Obviously, we see women of color often underrepresented in media portrayals of beauty, which can perpetuate damaging beauty standards that exclude non-white individuals. ” But with all this, Lizzo was able to live and show her own beauty according to her own standards, saying: “I’m a body icon, and I’m embracing that more and more every day,”. Her confidence shows us her beauty, real beauty!
Dermaliscio: We Break Beauty Standards by Empowering Women to Have the Choice to Choose, How?

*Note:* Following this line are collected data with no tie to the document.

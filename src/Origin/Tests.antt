-- ===== src/Origin/Tests.antt =====
-- Origins of concrete requests.
use argus_mcp.Base.{◌≡◌, ◌≢◌, refl, String, Option, some, [], ◌∷◌}
use argus_mcp.Origin.{OriginValidation, Scope, forwarded, disallowed_origin, origin_of, call}
use argus_mcp.Origin.Trusted.{Trusted, call-Trusted}

abbrev same : String → String
same t = t

abbrev no_host : String → Option String
no_host origin = some "example.org"

abbrev listed : OriginValidation
listed = record { require_origin = "strict"; allowed_origins = "https://example.org" ∷ [] }

abbrev from : String → Scope
from origin = record { type = "http"; path = "/mcp"; headers = ("origin", origin) ∷ [] }

accepted : call same no_host listed (from "https://example.org") ≡ forwarded
unfolding call origin_of
accepted = refl

rejected : call same no_host listed (from "https://evil.org") ≡ disallowed_origin "https://evil.org"
unfolding call origin_of
rejected = refl

call-Trusted_example :
    (origin : String) × ((origin_of (("origin", "https://example.org") ∷ []) ≡ some origin)
      × (origin ≢ "")
      × Trusted same no_host listed origin)
call-Trusted_example =
    call-Trusted same no_host listed (from "https://example.org") refl refl refl refl accepted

Dermaliscio creates safe options and gives women the power to create their style upon their beauty standards using safe healthy ways. Just like when you think of buying makeup, is it the eyeliner that doesn’t smudge? The foundation labeled as the best foundation? Is it applying a soft texture free of silicon and talc?
Discover Your Beauty
Instead of wearing makeup to cover their scars, spots, and acne, we encourage to invest in safe and high-quality makeup. Instead of focusing on the colors only, we maintain beautiful colors with a safe formula that doesn’t leave your skin tired afterward.
Beauty Market Value, FYI.
The beauty industry is worth billions of dollars and continues to grow with a projected global beauty market value of $758.4 billion in 2025, Statista. Being aware of the messages that the media is promoting is now a priority. To challenge narrow beauty ideals by demanding more diverse and inclusive representation in media.
These women, and many others like them, have shown that you can break beauty standards. Beauty is not a one-size-fits-all concept. True beauty comes from within, from embracing one’s uniqueness, and from promoting inclusivity, diversity, and self-love. Love yourself, and choose based on your standards.